TikTok company Bytedance demonstrates a new image generation method that can blend two semantic concepts into a new one.
"Semantic mixing" is what the Bytedance research team calls the process of instructing a diffusion model to mix two semantic concepts into a new one: For example, a watermelon and a lamp become a lamp in the shape of a watermelon. A tiger and a rabbit become a rabbit with tiger stripes.
The researchers describe semantic mixing as a difficult problem because even humans could not always tell exactly what the result of such mixing might be.
Melon lamps and tiger rabbits
Unlike style transfer, in which the image content remains unchanged and only the style is adapted (a rendered graphic becomes a drawn graphic, for example), semantic mixing creates new motifs. The layout and geometry of the original image are preserved, which contributes to greater precision and stability in image generation.
The Bytedance team uses Stable Diffusion 1.4 as the underlying image AI for the MagicMix process. The diffusion model, which extracts images from noise, first generates the layout and shape of an image. Only later in the denoising process does the semantic concept follow.

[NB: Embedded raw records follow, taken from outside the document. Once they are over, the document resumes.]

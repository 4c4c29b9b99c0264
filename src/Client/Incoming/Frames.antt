-- ===== src/Client/Incoming/Frames.antt =====
-- internal/vpnclient/client.go: which frames recvLoop passes on.
use supervpn.Base.{
  ℕ, ◌≤◌, ◌≡◌, refl, List, [], ◌∷◌, ◌++◌, ltb, ◌==◌, ◌&&◌, not, length, Option, none, some, Bool,
  All, All-append, ◌⊎◌, inl, inr, Bool-cases, Option-cases, ◌∙◌, ap, sym, append-nil, append_assoc,
  ltb-false→le, if_both,
}
use supervpn.Proto.Header.{
  Header, parse_header, frame_data, frame_repair, frame_data_frag, frame_auth, frame_pong,
}
use supervpn.Proto.Seq.{unpack_repair_seq}
use supervpn.Crypto.Packet.{Aead}
use supervpn.Link.Packet.{payload_of, unsealed}
use supervpn.Fec.Block.{Received, frames, err_unrecoverable}
use supervpn.Fec.Pipe.Receive.{repair_block_done}
use supervpn.Fec.Shards.{ReedSolomon}
use supervpn.Client.State.{Loop, Receiver}
use supervpn.Client.Incoming.{
  frame_bytes, whole_frames, take_data, take_repair, data_frame, fragment_frame, on_data,
  on_fragment, on_repair, on_packet, recv_step, recv_loop, Stepped, Next, goes_on, session_rejected,
}

-- The second list is the first and frames with a whole Ethernet header behind it.
abbrev pub Adds : List (List ℕ) → List (List ℕ) → Type 0
Adds out out' = (more : List (List ℕ)) × (out' ≡ out ++ more) × All (λ f. 14 ≤ length f) more

Adds-none : (out : List (List ℕ)) → Adds out out
Adds-none out = ([], sym (append-nil out), tt)

whole_frames-long : (fs : List (Option (List ℕ))) → All (λ f. 14 ≤ length f) (whole_frames fs)
unfolding whole_frames
whole_frames-long [] = tt
whole_frames-long (f ∷ fs) = elim (Bool-cases (ltb (length (frame_bytes f)) 14)) [
  | inl short ↦ rw short (whole_frames-long fs)
  | inr long ↦ rw long (ltb-false→le _ _ long, whole_frames-long fs)
]

Adds-take_data : (out : Received) (r : Receiver) → Adds r.out (take_data out r).out
unfolding take_data
Adds-take_data (frames fs) r = (whole_frames fs, refl, whole_frames-long fs)
Adds-take_data err_unrecoverable r = Adds-none r.out

Adds-take_repair : (out : Received) (r : Receiver) → Adds r.out (take_repair out r).out
unfolding take_repair
Adds-take_repair (frames fs) r = (whole_frames fs, refl, whole_frames-long fs)
Adds-take_repair err_unrecoverable r = Adds-none r.out

module _ (aead : Aead) (rs : ReedSolomon) where
  Adds-data_frame :
      (now : ℕ) (hdr : Header) (frame : Option (List ℕ)) (r : Receiver)
      → Adds r.out (data_frame aead rs now hdr frame r).out
  unfolding data_frame
  Adds-data_frame now hdr none r = Adds-none r.out
  Adds-data_frame now hdr (some f) r = Adds-take_data _ _

  Adds-on_data :
      (now : ℕ) (hdr : Header) (payload : List ℕ) (l : Loop) (r : Receiver)
      → Adds r.out (on_data aead rs now hdr payload l r).1.out
  unfolding on_data
  Adds-on_data now hdr payload l r = Adds-data_frame now hdr (unsealed aead payload l.replay).0 r

  Adds-fragment_frame :
      (now : ℕ) (hdr : Header) (frame : Option (List ℕ)) (r : Receiver)
      → Adds r.out (fragment_frame aead rs now hdr frame r).out
  unfolding fragment_frame
  Adds-fragment_frame now hdr none r = Adds-none r.out
  Adds-fragment_frame now hdr (some f) r = (whole_frames _, refl, whole_frames-long _)

  Adds-on_fragment :
      (now : ℕ) (hdr : Header) (payload : List ℕ) (l : Loop) (r : Receiver)
      → Adds r.out (on_fragment aead rs now hdr payload l r).1.out
  unfolding on_fragment
  Adds-on_fragment now hdr payload l r =
      Adds-fragment_frame now hdr (unsealed aead payload l.replay).0 r

  Adds-on_repair :
      (now : ℕ) (hdr : Header) (payload : List ℕ) (l : Loop) (r : Receiver)
      → Adds r.out (on_repair aead rs now hdr payload l r).1.out
  unfolding on_repair
  Adds-on_repair now hdr payload l r =
      elim (Bool-cases (repair_block_done (unpack_repair_seq hdr.seq).0 r.pipe)) [
        | inl done ↦ rw (on_repair, done) (Adds-none r.out)
        | inr wanted ↦ elim (Option-cases (unsealed aead payload l.replay).0) [
          | inl shut ↦ rw (on_repair, wanted, shut) (Adds-none r.out)
          | inr (f, open_) ↦ rw (on_repair, wanted, open_) (Adds-take_repair _ _)
        ]
      ]

  Adds-on_packet :
      (now : ℕ) (hdr : Header) (payload : List ℕ) (l : Loop) (r : Receiver)
      → Adds r.out (on_packet aead rs now hdr payload l r).2.out
  unfolding on_packet
  Adds-on_packet now hdr payload l r =
      let grows : Stepped → Type 0 = λ s. Adds r.out s.2.out in
      let same = Adds-none r.out in
      if_both grows (hdr.frame_type == frame_data) _ _ (Adds-on_data now hdr payload l r) (
        if_both grows (hdr.frame_type == frame_data_frag) _ _ (Adds-on_fragment now hdr payload l r)
          (if_both grows (hdr.frame_type == frame_repair) _ _ (Adds-on_repair now hdr payload l r) (
            if_both grows (hdr.frame_type == frame_pong) _ _ same
              (if_both grows (hdr.frame_type == frame_auth) _ _ same same))))

  Adds-recv_step :
      (now session_id : ℕ) (pkt : List ℕ) (l : Loop) (r : Receiver)
      → Adds r.out (recv_step aead rs now session_id pkt l r).2.out
  unfolding recv_step
  Adds-recv_step now session_id pkt l r = elim (Option-cases (parse_header pkt)) [
    | inl bad ↦ rw (recv_step, bad) (Adds-none r.out)
    | inr (hdr, good) ↦
        rw (recv_step, good)
          (if_both (λ (s : Stepped). Adds r.out s.2.out) (foreign hdr) _ _ (Adds-none r.out)
            (Adds-on_packet now hdr (payload_of pkt) l r))
  ]
    where
      foreign : Header → Bool
      foreign hdr = not (hdr.session_id == session_id) && not (hdr.frame_type == frame_auth)

Adds-then : (a b c : List (List ℕ)) → Adds a b → Adds b c → Adds a c
Adds-then a b c (m, e, v) (n, f, w) = (
  m ++ n,
  f ∙ ap (λ x. x ++ n) e ∙ append_assoc a m n,
  All-append (λ (x : List ℕ). 14 ≤ length x) m n v w,
)

Next-cases :
    (next : Next) → (next ≡ goes_on) ⊎ (message : List ℕ) × (next ≡ session_rejected message)
Next-cases goes_on = inl refl
Next-cases (session_rejected message) = inr (message, refl)

-- Whatever packets arrive, recvLoop takes no frame back and changes none that it has passed on: it adds
-- frames behind them, and each has the 14 bytes of an Ethernet header at least.
pub recv_loop-Adds :
    (aead : Aead) (rs : ReedSolomon) (session_id : ℕ) (pkts : List (ℕ × List ℕ)) (l : Loop)
    (r : Receiver)
    → Adds r.out (recv_loop aead rs session_id pkts l r).2.out
unfolding recv_loop
recv_loop-Adds aead rs session_id [] l r = Adds-none r.out
recv_loop-Adds aead rs session_id ((now, pkt) ∷ pkts) l r =
    let (next, l', r') = recv_step aead rs now session_id pkt l r in
    let one = Adds-recv_step aead rs now session_id pkt l r in
    let others = recv_loop-Adds aead rs session_id pkts l' r' in
    elim (Next-cases next) [
      | inl on ↦ rw (recv_loop, on) (Adds-then r.out r'.out _ one others)
      | inr (message, off) ↦ rw (recv_loop, off) one
    ]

MagicMix takes advantage of this two-step approach: Bytedance also first determines the rough layout of the subject based on an image or text. Then it switches the prompt to the second semantic concept during generation. No spatial mask or relearning is required.
AI image generation becomes more flexible
The process even works in reverse: MagicMix can remove semantic concepts from images. However, the results are rather bizarre compared to concept mixing. For example, a cat image without a cat concept becomes a strange chameleon. A dog picture without a dog becomes a sphinx-like cat.

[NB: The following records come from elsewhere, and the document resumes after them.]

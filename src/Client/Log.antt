-- ===== src/Client/Log.antt =====
-- internal/vpnclient/client.go: Logf and the lines that Logs returns.
pub mod Kept
use supervpn.Base.{ℕ, ◌+◌, ◌-◌, ◌%◌, ◌^◌, List, [], ◌∷◌, ◌++◌, ltb, if◌then◌else◌, length, drop}

abbrev pub max_log_lines : ℕ
max_log_lines = 500

pub record Log : Type 0 where
  pub log_lines : List (List ℕ)
  pub log_version : ℕ

abbrev pub empty_log : Log
empty_log = record { log_lines = []; log_version = 0 }

unfoldable pub logf : List ℕ → Log → Log
logf msg l =
    let lines = l.log_lines ++ (msg ∷ []) in
    record {
      log_lines =
          if ltb max_log_lines (length lines)
          then drop (length lines - max_log_lines) lines
          else lines;
      log_version = (l.log_version + 1) % 2 ^ 64;
    }

unfoldable pub logf_all : List (List ℕ) → Log → Log
logf_all [] l = l
logf_all (msg ∷ msgs) l = logf_all msgs (logf msg l)
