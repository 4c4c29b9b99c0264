-- ===== src/Client/Log/Kept.antt =====
-- internal/vpnclient/client.go: which lines the log holds.
use supervpn.Base.{
  ℕ, suc, ◌-◌, ◌≤◌, ◌≡◌, refl, List, [], ◌∷◌, ◌++◌, ltb, length, drop, arith, inl, inr, Bool-cases,
  ◌∙◌, ap, length-append, length-drop, append_assoc, append-nil,
}
use supervpn.Client.Log.{Log, empty_log, max_log_lines, logf, logf_all}

-- The last lines, as many as the log holds.
abbrev last_lines : List (List ℕ) → List (List ℕ)
last_lines lines = drop (length lines - max_log_lines) lines

logf-lines :
    (msg : List ℕ) (l : Log) → (logf msg l).log_lines ≡ last_lines (l.log_lines ++ (msg ∷ []))
unfolding logf
logf-lines msg l = elim (Bool-cases (ltb max_log_lines (length (l.log_lines ++ (msg ∷ []))))) [
  | inl over ↦ rw over refl
  | inr fits ↦
      let none_out : length (l.log_lines ++ (msg ∷ [])) - max_log_lines ≡ 0 =
        ground (arith, fits) in
      rw (fits, none_out) refl
]

-- Lines that fell out before do not matter.
last_lines-append :
    (old more : List (List ℕ))
    → length old ≤ suc max_log_lines
    → last_lines (last_lines old ++ more) ≡ last_lines (old ++ more)
last_lines-append [] more h = refl
last_lines-append (x ∷ old) more h = elim (Bool-cases (ltb max_log_lines (length (x ∷ old)))) [
  | inl over ↦
      let one_out : length old ≡ max_log_lines = ground (arith, over, h) in
      let front : length (x ∷ old) - max_log_lines ≡ 1 = omega (arith, one_out) in
      let left : length (x ∷ (old ++ more)) - max_log_lines
          ≡ suc (length (old ++ more) - max_log_lines) =
        omega (arith, one_out, length-append {0} old more) in
      rw (front, left) refl
  | inr fits ↦
      let none_out : length (x ∷ old) - max_log_lines ≡ 0 = ground (arith, fits) in rw none_out refl
]

length-last_lines : (lines : List (List ℕ)) → length (last_lines lines) ≤ max_log_lines
length-last_lines lines = omega (arith, length-drop {0} (length lines - max_log_lines) lines)

logged :
    (msgs : List (List ℕ)) (l : Log)
    → length l.log_lines ≤ max_log_lines
    → (logf_all msgs l).log_lines ≡ last_lines (l.log_lines ++ msgs)
unfolding logf_all
logged [] l h =
    let none_out : length l.log_lines - max_log_lines ≡ 0 = omega arith in
    rw (append-nil, none_out) refl
logged (msg ∷ msgs) l h =
    logged msgs (logf msg l) (rw (logf-lines msg l) (length-last_lines (l.log_lines ++ (msg ∷ []))))
    ∙ ap (λ lines. last_lines (lines ++ msgs)) (logf-lines msg l)
    ∙ last_lines-append (l.log_lines ++ (msg ∷ [])) msgs
        (omega (arith, length-append {0} l.log_lines (msg ∷ [])))
    ∙ ap last_lines (append_assoc l.log_lines (msg ∷ []) msgs)

-- After any messages the log holds the last 500 of them, in order, and all of them where there were
-- fewer; it never holds more than 500 lines.
pub logf_all-last_lines :
    (msgs : List (List ℕ))
    → ((logf_all msgs empty_log).log_lines ≡ drop (length msgs - max_log_lines) msgs)
      × (length (logf_all msgs empty_log).log_lines ≤ max_log_lines)
logf_all-last_lines msgs =
    let e = logged msgs empty_log (omega arith) in (e, rw e (length-last_lines msgs))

Mixing animal breeds is interesting. The aforementioned tiger rabbit is a fancy example, but it can also be done in more realistic ways, such as crossing dog breeds. Here we can see that the mixed concepts can reflect reality. Fictional motifs are also possible, which creatives could use as inspiration for their work.
One of MagicMix's strengths, its ability to maintain the layout, is also a weakness: the method fails when it mixes content concepts without similarity in form. Mix a van with a cat, and instead of a cat with tires or a van with whiskers, you get a cat on a van or … well.
Despite this limitation, the Bytedance team is convinced that MagicMix will create further opportunities and scope for the use of image AI systems.
Thanks to the strong capability in generating novel concepts, our MagicMix supports a large variety of creative applications, including semantic style transfer(e.g., generating a new sign given a reference sign layout and a certain desired content), novel object synthesis (e.g., generating a lamp that looks like a watermelon slice), breed mixing (e.g., generating a new species by mixing “rabbit” and “tiger”) and concept removal (e.g., synthesizing a non-orange object that looks like an orange). Although the solution is simple, it paves a new direction in the computational graphics field and provides new possibilities for AI-aided designs for artists in a wide field, such as entertainment, cinematography, and CG effects.
Excerpt from the paper
Because MagicMix is based on Stable Diffusion, which in turn is trained with a LAION dataset, among others, the Bytedance team points to "social and cultural biases" in image generation.